### WHAT YOU NEED TO DO
In the entries that follow, the first line to write out is the one containing "pte ≡ false", and the last is the one containing "(known, gone) refl)". Reproduce that stretch exactly, with nothing before or after it.

### DATASET CONTENT
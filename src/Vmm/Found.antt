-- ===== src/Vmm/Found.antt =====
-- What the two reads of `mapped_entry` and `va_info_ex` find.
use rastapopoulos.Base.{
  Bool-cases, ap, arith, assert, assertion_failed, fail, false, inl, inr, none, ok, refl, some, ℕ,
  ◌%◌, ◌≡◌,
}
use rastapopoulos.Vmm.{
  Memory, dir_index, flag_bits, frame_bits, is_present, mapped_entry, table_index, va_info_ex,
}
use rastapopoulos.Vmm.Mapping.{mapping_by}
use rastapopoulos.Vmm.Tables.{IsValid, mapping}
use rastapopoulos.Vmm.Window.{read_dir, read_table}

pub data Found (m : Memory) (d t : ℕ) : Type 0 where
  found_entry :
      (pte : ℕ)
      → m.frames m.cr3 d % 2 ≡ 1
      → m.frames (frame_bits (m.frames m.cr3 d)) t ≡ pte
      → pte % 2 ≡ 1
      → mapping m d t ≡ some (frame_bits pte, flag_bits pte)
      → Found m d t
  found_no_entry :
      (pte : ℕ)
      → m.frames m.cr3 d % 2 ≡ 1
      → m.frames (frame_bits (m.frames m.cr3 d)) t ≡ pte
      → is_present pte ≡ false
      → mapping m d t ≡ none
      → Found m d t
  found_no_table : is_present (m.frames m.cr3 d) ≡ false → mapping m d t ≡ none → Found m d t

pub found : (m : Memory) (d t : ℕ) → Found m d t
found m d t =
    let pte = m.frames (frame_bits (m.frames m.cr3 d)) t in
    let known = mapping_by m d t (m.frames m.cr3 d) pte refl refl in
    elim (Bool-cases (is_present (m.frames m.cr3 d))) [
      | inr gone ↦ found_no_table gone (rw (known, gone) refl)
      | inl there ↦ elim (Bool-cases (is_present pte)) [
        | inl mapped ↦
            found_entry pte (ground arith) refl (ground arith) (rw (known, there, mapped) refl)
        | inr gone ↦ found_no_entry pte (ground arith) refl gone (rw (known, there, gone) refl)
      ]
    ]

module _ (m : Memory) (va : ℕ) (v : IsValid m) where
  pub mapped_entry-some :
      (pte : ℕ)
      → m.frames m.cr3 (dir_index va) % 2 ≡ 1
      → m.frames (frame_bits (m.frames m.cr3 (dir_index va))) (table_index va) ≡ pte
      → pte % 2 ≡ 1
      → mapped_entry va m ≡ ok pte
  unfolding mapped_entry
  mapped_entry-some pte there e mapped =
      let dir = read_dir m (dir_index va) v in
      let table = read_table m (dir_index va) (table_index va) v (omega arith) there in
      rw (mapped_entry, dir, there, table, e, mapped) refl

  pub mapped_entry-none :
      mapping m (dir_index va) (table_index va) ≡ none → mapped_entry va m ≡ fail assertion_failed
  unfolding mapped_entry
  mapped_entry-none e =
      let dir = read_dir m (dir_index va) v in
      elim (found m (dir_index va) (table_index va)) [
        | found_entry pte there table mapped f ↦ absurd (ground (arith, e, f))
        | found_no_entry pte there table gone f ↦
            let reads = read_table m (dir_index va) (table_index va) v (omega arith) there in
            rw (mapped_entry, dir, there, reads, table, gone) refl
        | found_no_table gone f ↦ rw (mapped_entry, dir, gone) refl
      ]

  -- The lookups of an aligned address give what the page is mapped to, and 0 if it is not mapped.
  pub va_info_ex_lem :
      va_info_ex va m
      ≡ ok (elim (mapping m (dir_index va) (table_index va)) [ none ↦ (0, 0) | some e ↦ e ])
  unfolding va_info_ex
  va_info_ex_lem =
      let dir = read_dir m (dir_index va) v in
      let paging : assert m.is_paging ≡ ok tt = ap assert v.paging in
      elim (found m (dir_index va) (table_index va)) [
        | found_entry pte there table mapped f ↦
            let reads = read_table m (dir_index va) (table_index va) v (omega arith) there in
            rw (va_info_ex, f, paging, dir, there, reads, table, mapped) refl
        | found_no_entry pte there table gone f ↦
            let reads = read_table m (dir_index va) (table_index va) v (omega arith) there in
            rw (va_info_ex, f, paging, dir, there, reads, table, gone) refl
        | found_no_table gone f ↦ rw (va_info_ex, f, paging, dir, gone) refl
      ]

### RESPONSE
      → is_present pte ≡ false
      → mapping m d t ≡ none
      → Found m d t
  found_no_table : is_present (m.frames m.cr3 d) ≡ false → mapping m d t ≡ none → Found m d t

pub found : (m : Memory) (d t : ℕ) → Found m d t
found m d t =
    let pte = m.frames (frame_bits (m.frames m.cr3 d)) t in
    let known = mapping_by m d t (m.frames m.cr3 d) pte refl refl in
    elim (Bool-cases (is_present (m.frames m.cr3 d))) [
      | inr gone ↦ found_no_table gone (rw (known, gone) refl)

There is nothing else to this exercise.